According To My
Views, St. Helena Has Existed As An Island From A Very
Remote Epoch:
Some obscure proofs, however, of the elevation
of the land are still extant.
I believe that the central
and highest peaks form parts of the rim of a great crater,
the southern half of which has been entirely removed by the
waves of the sea: there is, moreover, an external wall of
black basaltic rocks, like the coast-mountains of Mauritius,
which are older than the central volcanic streams. On the
higher parts of the island, considerable numbers of a shell,
long thought to be a marine species occur imbedded in the soil.
It proved to be a Cochlogena, or land-shell of a very
peculiar form; [2] with it I found six other kinds; and in
another spot an eighth species. It is remarkable that none
of them are now found living. Their extinction has probably
been caused by the entire destruction of the woods, and
the consequent loss of food and shelter, which occurred
during the early part of the last century.
The history of the changes, which the elevated plains of
Longwood and Deadwood have undergone, as given in General
Beatson's account of the island, is extremely curious.
Both plains, it is said in former times were covered with
wood, and were therefore called the Great Wood. So late
as the year 1716 there were many trees, but in 1724 the old
trees had mostly fallen; and as goats and hogs had been
suffered to range about, all the young trees had been killed.
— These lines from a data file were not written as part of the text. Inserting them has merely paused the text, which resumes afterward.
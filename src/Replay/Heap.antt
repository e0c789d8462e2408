-- ===== src/Replay/Heap.antt =====
-- The heap of expiries: its order, and that it covers the map through a purge.
use brezel.Common.{
  ℕ, ◌≤◌, ◌<◌, ◌≡◌, ◌≢◌, ap, subst, ◌∙◌, false, List, [], ◌∷◌, some, arith, nat_eq, ltb, leb, All,
  Apart, if_cases, ◌⊎◌, inl, inr, length, lookup, lookup-delete, length-delete-le, Text, text_eq,
  text_beq_iff,
}
use brezel.Replay.{Expiry, push, recorded, drop_expired, purge}

abbrev Listed : Expiry → List Expiry → Type 0
Listed e [] = ⊥
Listed e (x ∷ xs) = ((e.0 ≡ x.0) × (e.1 ≡ x.1)) ⊎ Listed e xs

abbrev pub Sorted : List Expiry → Type 0
Sorted = Apart (λ x y. x.1 ≤ y.1)

-- Every identifier of the map stands in the heap with its expiry.
abbrev pub Covered : List Expiry → List (Text × ℕ) → Type 0
Covered xs used = (k : Text) (t : ℕ) → lookup k used ≡ some t → Listed (k, t) xs

pub push-Listed_new :
    (e x : Expiry) (xs : List Expiry) → e.0 ≡ x.0 → e.1 ≡ x.1 → Listed e (push x xs)
unfolding push
push-Listed_new e x [] p q = inl (p, q)
push-Listed_new e x (y ∷ ys) p q =
    if_cases (Listed e) (ltb y.1 x.1) _ _ (λ h. inr (push-Listed_new e x ys p q)) (λ h. inl (p, q))

pub push-Listed : (e x : Expiry) (xs : List Expiry) → Listed e xs → Listed e (push x xs)
unfolding push
push-Listed e x [] h = absurd h
push-Listed e x (y ∷ ys) h =
    if_cases (Listed e) (ltb y.1 x.1) _ _
      (λ later. elim h [ inl here ↦ inl here | inr there ↦ inr (push-Listed e x ys there) ])
      (λ first. inr h)

push-All :
    (R : Expiry → Type 0) (x : Expiry) (xs : List Expiry) → R x → All R xs → All R (push x xs)
unfolding push
push-All R x [] rx h = (rx, tt)
push-All R x (y ∷ ys) rx h =
    if_cases (All R) (ltb y.1 x.1) _ _ (λ later. (h.0, push-All R x ys rx h.1)) (λ first. (rx, h))

All-le : (lo hi : ℕ) (xs : List Expiry) → lo ≤ hi → All (λ e. hi ≤ e.1) xs → All (λ e. lo ≤ e.1) xs
All-le lo hi [] h a = tt
All-le lo hi (x ∷ xs) h a = (omega arith, All-le lo hi xs h a.1)

pub push-Sorted : (x : Expiry) (xs : List Expiry) → Sorted xs → Sorted (push x xs)
unfolding push
push-Sorted x [] h = (tt, tt)
push-Sorted x (y ∷ ys) h =
    if_cases Sorted (ltb y.1 x.1) _ _
      (λ later. (push-All (λ e. y.1 ≤ e.1) x ys (ground (arith)) h.0, push-Sorted x ys h.1))
      (λ first. ((ground (arith), All-le x.1 y.1 ys (ground (arith)) h.0), h))

Listed-le :
    (e : Expiry) (lo : ℕ) (xs : List Expiry) → All (λ x. lo ≤ x.1) xs → Listed e xs → lo ≤ e.1
Listed-le e lo [] a h = absurd h
Listed-le e lo (x ∷ xs) a (inl here) = ground (arith)
Listed-le e lo (x ∷ xs) a (inr there) = Listed-le e lo xs a.1 there

-- What a purge at `now` leaves.
abbrev Fresh : ℕ → ℕ → List Expiry × List (Text × ℕ) → Type 0
Fresh now n out =
    Sorted out.0
    × Covered out.0 out.1
    × (length out.1 ≤ n)
    × ((k : Text) (t : ℕ) → lookup k out.1 ≡ some t → now < t)

unrecorded :
    (x : Expiry) (used : List (Text × ℕ))
    → lookup x.0 used ≡ some x.1
    → recorded x.0 x.1 used ≢ false
unfolding recorded
unrecorded x used h e = ground (arith)

drop_expired-Covered :
    (x : Expiry) (xs : List Expiry) (used : List (Text × ℕ))
    → Covered (x ∷ xs) used
    → Covered xs (drop_expired x used)
unfolding drop_expired recorded
drop_expired-Covered x xs used h k t =
    if_cases Passes (recorded x.0 x.1 used) _ _
      (λ stands there. elim (h k t (ground (arith, lookup-delete x.0 k used))) [
        | inl here ↦ absurd (ground (arith, lookup-delete x.0 k used, text_beq_iff k x.0))
        | inr later ↦ later
      ])
      (λ passed there. elim (h k t there) [
        | inl here ↦ absurd (
            unrecorded x used
              (subst (λ j. lookup j used ≡ some x.1) here.0 (there ∙ ap some here.1)) passed)
        | inr later ↦ later
      ])
  where
    Passes : List (Text × ℕ) → Type 0
    Passes out = lookup k out ≡ some t → Listed (k, t) xs

length-drop_expired-le :
    (x : Expiry) (used : List (Text × ℕ)) → length (drop_expired x used) ≤ length used
unfolding drop_expired recorded
length-drop_expired-le x used = ground (arith, length-delete-le x.0 used)

pub purge-Fresh :
    (now : ℕ) (xs : List Expiry) (used : List (Text × ℕ)) (n : ℕ)
    → Sorted xs
    → Covered xs used
    → length used ≤ n
    → Fresh now n (purge now xs used)
unfolding purge
purge-Fresh now [] used n s c b = (s, c, b, λ k t there. absurd (c k t there))
purge-Fresh now (x ∷ xs) used n s c b =
    if_cases (Fresh now n) (leb x.1 now) _ _
      (λ old.
        purge-Fresh now xs (drop_expired x used) n s.1 (drop_expired-Covered x xs used c)
          (omega (arith, length-drop_expired-le x used, b)))
      (λ live. (
        s,
        c,
        b,
        λ k t there.
            ground (arith, Listed-le (k, t) x.1 (x ∷ xs) (omega arith, s.0) (c k t there), live),
      ))
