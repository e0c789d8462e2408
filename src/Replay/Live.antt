-- ===== src/Replay/Live.antt =====
-- The cache is bounded, and is full only of identifiers that have not expired.
use brezel.Common.{
  ℕ, ◌≤◌, ◌<◌, ◌≡◌, ◌≢◌, refl, subst, ◌∙◌, Bool, true, false, not, ◌||◌, List, [], ◌∷◌, some, arith,
  ◌==◌, nat_eq, ltb, leb, if_cases, inl, inr, length, lookup, lookup-insert, length-insert-le, Text,
  text_eq, text_beq_iff, text_cases, Result, err,
}
use brezel.Replay.{
  Error, replay_capacity, not_initialized, invalid_identifier, already_expired, ReplayCache,
  valid_identifier, consume, purged, use_jti, new_replay_cache, len,
}
use brezel.Replay.Once.{Call, run}
use brezel.Replay.Heap.{Sorted, Covered, push-Listed_new, push-Listed, push-Sorted, purge-Fresh}

-- A cache that has been in use: bounded, with its heap in order and every identifier in it.
pub record Ordered (c : ReplayCache) : Type 0 where
  pub sorted : Sorted c.expires
  pub covered : Covered c.expires c.used
  pub bounded : length c.used ≤ c.max_live

-- What holds of a cache after a call that began with the bound `n` and the time `now`.
record After (n now : ℕ) (out : ReplayCache × Result Error (Unit {0})) : Type 0 where
  kept : Ordered out.0
  bound : out.0.max_live ≡ n
  full :
      out.1 ≡ err replay_capacity
      → (length out.0.used ≡ n) × ((k : Text) (t : ℕ) → lookup k out.0.used ≡ some t → now < t)

consume-After :
    (c : ReplayCache) (now at : ℕ) (jti : Text) (b : Bool)
    → Ordered c
    → ((k : Text) (t : ℕ) → lookup k c.used ≡ some t → now < t)
    → After c.max_live now (consume c jti at b)
unfolding consume
consume-After c now at jti true o live = record { kept = o; bound = refl; full = λ h. cc }
consume-After c now at jti false o live =
    if_cases (After c.max_live now) (leb c.max_live (length c.used)) _ _
      (λ full. record { kept = o; bound = refl; full = λ h. (ground (arith, o.bounded), live) })
      (λ room. record {
        kept = record {
          sorted = push-Sorted (jti, at) c.expires o.sorted;
          covered = λ k t there. elim (text_cases k jti) [
            | inl same ↦
                push-Listed_new (k, t) (jti, at) c.expires same
                  (ground (arith, lookup-insert jti k at c.used, text_beq_iff k jti))
            | inr other ↦
                push-Listed (k, t) (jti, at) c.expires
                  (o.covered k t
                    (ground (arith, lookup-insert jti k at c.used, text_beq_iff k jti)))
          ];
          bounded = ground (arith, length-insert-le jti at c.used);
        };
        bound = refl;
        full = λ h. cc;
      })

purged-Ordered :
    (c : ReplayCache) (now : ℕ)
    → Ordered c
    → Ordered (purged c now)
      × ((k : Text) (t : ℕ) → lookup k (purged c now).used ≡ some t → now < t)
unfolding purged
purged-Ordered c now o =
    let f = purge-Fresh now c.expires c.used c.max_live o.sorted o.covered o.bounded in
    (record { sorted = f.0; covered = f.1; bounded = f.2 }, f.3)

use_jti-After :
    (c : ReplayCache) (now : ℕ) (jti : Text) (at : ℕ)
    → Ordered c
    → After c.max_live now (use_jti c now jti at)
unfolding use_jti purged
use_jti-After c now jti at o =
    if_cases Fine (ltb c.max_live 1) _ _ (λ e. same not_initialized (λ p. cc))
      (λ e.
        if_cases Fine (not (valid_identifier jti)) _ _ (λ e. same invalid_identifier (λ p. cc))
          (λ e.
            if_cases Fine (at == 0 || leb at now) _ _ (λ e. same already_expired (λ p. cc))
              (λ e.
                consume-After (purged c now) now at jti _ (purged-Ordered c now o).0
                  (purged-Ordered c now o).1)))
  where
    Fine : ReplayCache × Result Error (Unit {0}) → Type 0
    Fine out = After c.max_live now out

    same : (e : Error) → e ≢ replay_capacity → Fine (c, err e)
    same e other = record { kept = o; bound = refl; full = λ p. absurd (other (cc)) }

run-Ordered :
    (c : ReplayCache) (us : List Call)
    → Ordered c
    → Ordered (run c us) × ((run c us).max_live ≡ c.max_live)
unfolding run
run-Ordered c [] o = (o, refl)
run-Ordered c (u ∷ us) o =
    let next = use_jti-After c u.now u.jti u.at o in
    let rest = run-Ordered (use_jti c u.now u.jti u.at).0 us (After.kept next) in
    (rest.0, rest.1 ∙ After.bound next)

new_replay_cache-Ordered :
    (n : ℕ) (c : ReplayCache) → new_replay_cache n ≡ some c → Ordered c × (c.max_live ≡ n)
unfolding new_replay_cache lookup
new_replay_cache-Ordered n c =
    if_cases (λ out. out ≡ some c → Ordered c × (c.max_live ≡ n)) (ltb n 1) _ _ (λ none h. cc)
      (λ some h.
        subst (λ d. Ordered d × (d.max_live ≡ n)) (the_new h)
          (record { sorted = tt; covered = nothing; bounded = omega arith }, refl))
  where
    the_new : {a b : ReplayCache} → some a ≡ some b → a ≡ b
    the_new h = cc

    nothing : Covered [] []
    nothing k t there = ground (arith)

-- After any calls of Use on a new cache, at any times, Len is at most the capacity; and a call of
-- Use at `now` fails with ErrReplayCapacity only if it leaves exactly that many identifiers in the
-- cache and each of them expires later than `now`.
pub use_jti-full :
    (n : ℕ) (c : ReplayCache)
    → new_replay_cache n ≡ some c
    → (us : List Call) (now : ℕ) (jti : Text) (at : ℕ)
    → (len (run c us) ≤ n)
      × ((use_jti (run c us) now jti at).1 ≡ err replay_capacity
          → (len (use_jti (run c us) now jti at).0 ≡ n)
            × ((k : Text) (t : ℕ)
                → lookup k (use_jti (run c us) now jti at).0.used ≡ some t
                → now < t))
unfolding len
use_jti-full n c new us now jti at =
    let fresh = new_replay_cache-Ordered n c new in
    let used = run-Ordered c us fresh.0 in
    let next = use_jti-After (run c us) now jti at used.0 in
    let size = used.1 ∙ fresh.1 in
    (
      subst (λ m. length (run c us).used ≤ m) size (Ordered.bounded used.0),
      λ h. ((After.full next h).0 ∙ size, (After.full next h).1),
    )
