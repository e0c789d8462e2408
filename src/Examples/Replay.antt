-- ===== src/Examples/Replay.antt =====
-- A replay cache of two identifiers.
use brezel.Common.{
  ℕ, ◌≡◌, ◌≢◌, ◌≤◌, ◌<◌, refl, List, [], ◌∷◌, some, arith, lookup, insert, delete, ok, err, Text,
  text_eq, text_beq, codes, trim_space, runes, is_space, contains_any,
}
use brezel.Replay.{
  ReplayCache, replay_capacity, capability_replay, new_replay_cache, use_jti, push, purge, purged,
  consume, is_used, valid_identifier, drop_expired, recorded, len,
}
use brezel.Replay.Once.{Call, run, use_jti-once}
use brezel.Replay.Live.{use_jti-full}

replay : Unit {0}
unfolding new_replay_cache use_jti push purge purged consume is_used valid_identifier drop_expired
    recorded len run lookup insert delete text_beq trim_space runes is_space contains_any
replay = tt

abbrev fresh : ReplayCache
fresh = record { used = []; expires = []; max_live = 2 }

abbrev traffic : List Call
traffic =
    record { now = 2; jti = codes "b"; at = 4 }
    ∷ record { now = 5; jti = codes "c"; at = 20 }
    ∷ record { now = 6; jti = codes "a"; at = 30 }
    ∷ []

use_jti-once_example :
    (use_jti (run (use_jti fresh 1 (codes "a") 10).0 traffic) 9 (codes "a") 50).1 ≢ ok tt
unfolding replay
use_jti-once_example =
    use_jti-once fresh 1 (codes "a") 10 refl traffic (omega arith, (omega arith, (omega arith, tt)))
      9 50 (omega arith)

-- The expired `b` made room for `c`, and the cache refuses the replay of `a`.
replay_test :
    (use_jti (run (use_jti fresh 1 (codes "a") 10).0 traffic) 9 (codes "a") 50).1
    ≡ err capability_replay
unfolding replay
replay_test = refl

full_test :
    (use_jti (run (use_jti fresh 1 (codes "a") 10).0 traffic) 9 (codes "d") 50).1
    ≡ err replay_capacity
unfolding replay
full_test = refl

use_jti-full_example :
    (len (run fresh traffic) ≤ 2)
    × ((use_jti (run fresh traffic) 7 (codes "d") 40).1 ≡ err replay_capacity
        → (len (use_jti (run fresh traffic) 7 (codes "d") 40).0 ≡ 2)
          × ((k : Text) (t : ℕ)
              → lookup k (use_jti (run fresh traffic) 7 (codes "d") 40).0.used ≡ some t
              → 7 < t))
unfolding replay
use_jti-full_example = use_jti-full 2 fresh refl traffic 7 (codes "d") 40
It appears also from the official records, that the trees were
unexpectedly, some years afterwards, succeeded by a wire
grass which spread over the whole surface. [3] General Beatson
adds that now this plain "is covered with fine sward, and
is become the finest piece of pasture on the island." The
extent of surface, probably covered by wood at a former
period, is estimated at no less than two thousand acres; at
the present day scarcely a single tree can be found there. It
is also said that in 1709 there were quantities of dead trees
in Sandy Bay; this place is now so utterly desert, that nothing
but so well attested an account could have made me believe
that they could ever have grown there. The fact, that the
goats and hogs destroyed all the young trees as they sprang
up, and that in the course of time the old ones, which were
safe from their attacks, perished from age, seems clearly
made out. Goats were introduced in the year 1502; eighty-six
years afterwards, in the time of Cavendish, it is known
that they were exceedingly numerous. More than a century
afterwards, in 1731, when the evil was complete and
irretrievable, an order was issued that all stray animals should
be destroyed. It is very interesting thus to find, that the
arrival of animals at St. Helena in 1501, did not change the
whole aspect of the island, until a period of two hundred
and twenty years had elapsed: for the goats were introduced
in 1502, and in 1724 it is said "the old trees had mostly
fallen." There can be little doubt that this great change in
the vegetation affected not only the land-shells, causing eight
species to become extinct, but likewise a multitude of insects.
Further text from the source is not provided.